PROV's Q1 Net Income Dips Amidst Rising Expenses, Asset Contraction
Ticker: PROV · Form: 10-Q · Filed: Nov 7, 2025 · CIK: 1010470
Sentiment: mixed
Topics: Regional Banking, Net Interest Income, Earnings Per Share, Asset Quality, Deposit Trends, Unrealized Losses, Financial Performance
Related Tickers: PROV
TL;DR
**PROV's shrinking balance sheet and declining net income make it a cautious hold, as rising expenses eat into an otherwise solid net interest income gain.**
AI Summary
Provident Financial Holdings Inc. (PROV) reported a net income of $1.681 million for the quarter ended September 30, 2025, a decrease from $1.900 million in the same quarter of 2024. Basic earnings per share also declined to $0.26 from $0.28 year-over-year. Total interest income slightly increased to $14.146 million from $14.075 million, primarily driven by a rise in loans receivable interest to $13.131 million from $13.023 million. However, total interest expense decreased to $5.216 million from $5.459 million, mainly due to lower borrowings interest expense, resulting in an improved net interest income of $8.930 million, up from $8.616 million. The company recorded a recovery of credit losses of $626,000, compared to $697,000 in the prior year. Non-interest income saw a decline to $813,000 from $899,000, while non-interest expenses increased to $7.634 million from $7.523 million, largely due to higher salaries and employee benefits. Total assets decreased to $1.230 billion at September 30, 2025, from $1.245 billion at June 30, 2025, with a notable reduction in total deposits to $874.839 million from $888.772 million.
Why It Matters
For investors, the slight dip in net income and EPS, despite improved net interest income, signals potential challenges in cost control and non-interest revenue generation for Provident Financial Holdings. The decrease in total assets and deposits could indicate a shrinking balance sheet, potentially impacting future lending capacity and profitability in a competitive banking landscape. Employees might face pressure if cost-cutting measures become more aggressive, while customers could see changes in deposit rates or loan offerings as the bank adjusts its strategy. The broader market will watch if this trend reflects wider pressures on regional banks, especially concerning deposit retention and managing unrealized losses on investment securities.
Risk Assessment
Risk Level: medium — The company holds $9.4 million in unrealized losses on investment securities held to maturity as of September 30, 2025, all in a loss position for 12 months or more, which could impact future capital if realized. Additionally, total assets decreased by $14.806 million from June 30, 2025, to September 30, 2025, and total deposits declined by $13.933 million, indicating potential liquidity and growth challenges.
Analyst Insight
Investors should closely monitor PROV's future filings for trends in deposit retention and asset growth, as the current quarter shows contraction. Evaluate the impact of rising non-interest expenses, particularly salaries and employee benefits, on profitability and management's strategy to mitigate these costs. Consider the implications of the persistent unrealized losses on investment securities for long-term capital stability.
Financial Highlights
- revenue
- $14.959M
- total Assets
- $1.230B
- net Income
- $1.681M
- eps
- $0.26
- revenue Growth
- +1.7%
Revenue Breakdown
| Segment | Revenue | Growth |
|---|---|---|
| Interest Income from Loans Receivable | $13.131M | +0.8% |
| Interest Income from Deposits | $0.875M | -1.5% |
| Interest Income from Borrowings | $0.139M | -10.0% |
| Non-Interest Income | $0.813M | -9.6% |
Key Numbers
- $1.681M — Net Income (Decreased from $1.900M in Q3 2024)

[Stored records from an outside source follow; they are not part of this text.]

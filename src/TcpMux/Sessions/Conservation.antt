-- ===== src/TcpMux/Sessions/Conservation.antt =====
-- `streamCounter`, `sessionCounter` and `counter` of tcpmux.go against what they count, between two
-- restarts.
use backhaul_plus.Registry.{LocalTcpConn, has_room}
use backhaul_plus.Prelude.{
  ◌+◌, ◌%◌, ◌≤◌, ◌≡◌, List, [], ◌∷◌, length, Bool, some, none, true, false, Option,
}
use backhaul_plus.TcpMux.Sessions.{
  Pipeline, Session, LocalTcpConn, has_room, World, restarted, Event, step,
}
use mathlib.Core.Path.{subst}
use mathlib.Core.Path.{subst}
use backhaul_plus.TcpMux.Sessions.Counts.{two_32, streams, live, Bounded, Conserved}

-- What a step of some session keeps of all of them.
record Moved (xs : List Session) (s : Pipeline) (xs' : List Session) (s' : Pipeline) : Type 0 where
  stream_change :
      (s'.stream_counter + (length s.local_channel + streams xs)) % two_32
      ≡ (s.stream_counter + (length s'.local_channel + streams xs')) % two_32
  session_change : (s'.session_counter + live xs) % two_32 ≡ (s.session_counter + live xs') % two_32
  bounded : Bounded s.mux_con xs'
  queue : length s'.local_channel ≤ s.channel_size
  same_mux : s'.mux_con ≡ s.mux_con
  same_size : s'.channel_size ≡ s.channel_size

abbrev pub IsConserved : World → Type 0
IsConserved w = Conserved w.sessions w.pipeline

abbrev pub is_restarted : Event → Bool
is_restarted restarted = true
is_restarted e = false

-- No restart comes to its end.
abbrev pub NoRestart : List Event → Type 0
NoRestart [] = Unit
NoRestart (e ∷ es) = (is_restarted e ≡ false) × NoRestart es

-- A run, in which an event that cannot happen is passed over.
abbrev pub or_stay : World → Option World → World
or_stay w none = w
or_stay w (some w') = w'

unfoldable pub run : List Event → World → World
run [] w = w
run (e ∷ es) w = run es (or_stay w (step e w))
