-- ===== src/TcpMux/Sessions/Exhausted.antt =====
-- `handleSession` of tcpmux.go when the target cannot be written to a stream.
use backhaul_plus.Prelude.{
  ℕ, zero, suc, ◌+◌, ◌≤◌, ◌<◌, ◌≡◌, refl, ap, ◌∙◌, true, false, [], ◌∷◌, Option, none, some, arith,
  ltb,
}
use backhaul_plus.Registry.{LocalTcpConn, has_room}
use backhaul_plus.TcpMux.Sessions.{
  Pipeline, for_slot, Session, new_session, Action, acquired, put_back, done_handler, context_done,
  received, send_failed, is_stale, carry, receive, session_step,
}

abbrev pub then_step : Action → Option (Session × Pipeline) → Option (Session × Pipeline)
then_step a none = none
then_step a (some (x, s)) = session_step a x.phase x s

-- A session takes a slot and a connection, fails to send its target, and puts it back.
abbrev pub failed_round : ℕ → Option (Session × Pipeline) → Option (Session × Pipeline)
failed_round now r =
    then_step put_back (then_step (received now send_failed) (then_step acquired r))

abbrev pub failed_rounds : ℕ → ℕ → Option (Session × Pipeline) → Option (Session × Pipeline)
failed_rounds now zero r = r
failed_rounds now (suc n) r = failed_round now (failed_rounds now n r)

module _ (now : ℕ) (entry : LocalTcpConn) (s : Pipeline) where
  abbrev pub slots_taken : ℕ → Session
  slots_taken n = record { phase = for_slot; taken = n; handlers = 0 }

  -- Only this connection is queued.
  abbrev pub queued_alone : Pipeline
  queued_alone = record s { local_channel = entry ∷ [] }

  failed_round_lem :
      (n : ℕ)
      → is_stale now entry ≡ false
      → 0 < s.channel_size
      → n < s.mux_con
      → failed_round now (some (slots_taken n, queued_alone))
        ≡ some (slots_taken (n + 1), queued_alone)
  unfolding session_step receive carry
  failed_round_lem n f c h =
      let free : ltb n s.mux_con ≡ true = ground arith in
      let room : has_room s.channel_size 0 ≡ true = ground arith in rw (free, f, room) refl

  failed_rounds_lem :
      (n : ℕ)
      → is_stale now entry ≡ false
      → 0 < s.channel_size
      → n ≤ s.mux_con
      → failed_rounds now n (some (new_session, queued_alone)) ≡ some (slots_taken n, queued_alone)
  failed_rounds_lem zero f c h = refl
  failed_rounds_lem (suc n) f c h =
      ap (failed_round now) (failed_rounds_lem n f c (omega arith))
      ∙ failed_round_lem n f c (omega arith)
      ∙ ap (λ (k : ℕ). some (slots_taken k, queued_alone)) (omega arith)

  blocked : (a : Action) → session_step a for_slot (slots_taken s.mux_con) queued_alone ≡ none
  unfolding session_step
  blocked acquired = let full : ltb s.mux_con s.mux_con ≡ false = ground arith in rw full refl
  blocked put_back = refl
  blocked done_handler = refl
  blocked context_done = refl
  blocked (received later opened) = refl

  -- A session that failed to send `MuxCon` targets has all its slots taken and carries nothing. The
  -- connection is queued as before, and no step of the session is possible any more.
  pub failed_rounds-exhausted :
      is_stale now entry ≡ false
      → 0 < s.channel_size
      → (failed_rounds now s.mux_con (some (new_session, queued_alone))
          ≡ some (slots_taken s.mux_con, queued_alone))
        × ((a : Action) → session_step a for_slot (slots_taken s.mux_con) queued_alone ≡ none)
  failed_rounds-exhausted f c = (failed_rounds_lem s.mux_con f c (omega arith), blocked)
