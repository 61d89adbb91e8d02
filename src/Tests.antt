-- ===== src/Tests.antt =====
-- Runs of the theorems at concrete inputs.
pub mod Gateways
pub mod Configs
pub mod Transports
pub mod Tunnels
pub mod WebSockets
use backhaul_plus.Prelude.{List, [], none, false}
use backhaul_plus.Stream.{Conn, eof}
use backhaul_plus.Strings.{Bytes}

-- A connection on which these segments arrive and then an end of file.
abbrev pub conn_of : List Bytes → Conn
conn_of segments = record {
  segments = segments;
  final = eof;
  deadline_error = none;
  read_deadline = none;
  closed = false;
  written = [];
  write_error = none;
}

- $0.26 — Basic EPS (Decreased from $0.28 in Q3 2024)
- $14.146M — Total Interest Income (Increased from $14.075M in Q3 2024)
- $5.216M — Total Interest Expense (Decreased from $5.459M in Q3 2024)
- $8.930M — Net Interest Income (Increased from $8.616M in Q3 2024)
- $7.634M — Total Non-Interest Expense (Increased from $7.523M in Q3 2024)
- $1.230B — Total Assets (Decreased from $1.245B at June 30, 2025)
- $874.839M — Total Deposits (Decreased from $888.772M at June 30, 2025)
- $9.4M — Unrealized Losses on HTM Securities (All in loss position for 12 months or more as of September 30, 2025)
- 6,474,230 — Shares Outstanding (As of October 31, 2025)
Key Players & Entities
- PROVIDENT FINANCIAL HOLDINGS INC (company) — Registrant
- Provident Savings Bank, F.S.B. (company) — Wholly-owned subsidiary of Provident Financial Holdings, Inc.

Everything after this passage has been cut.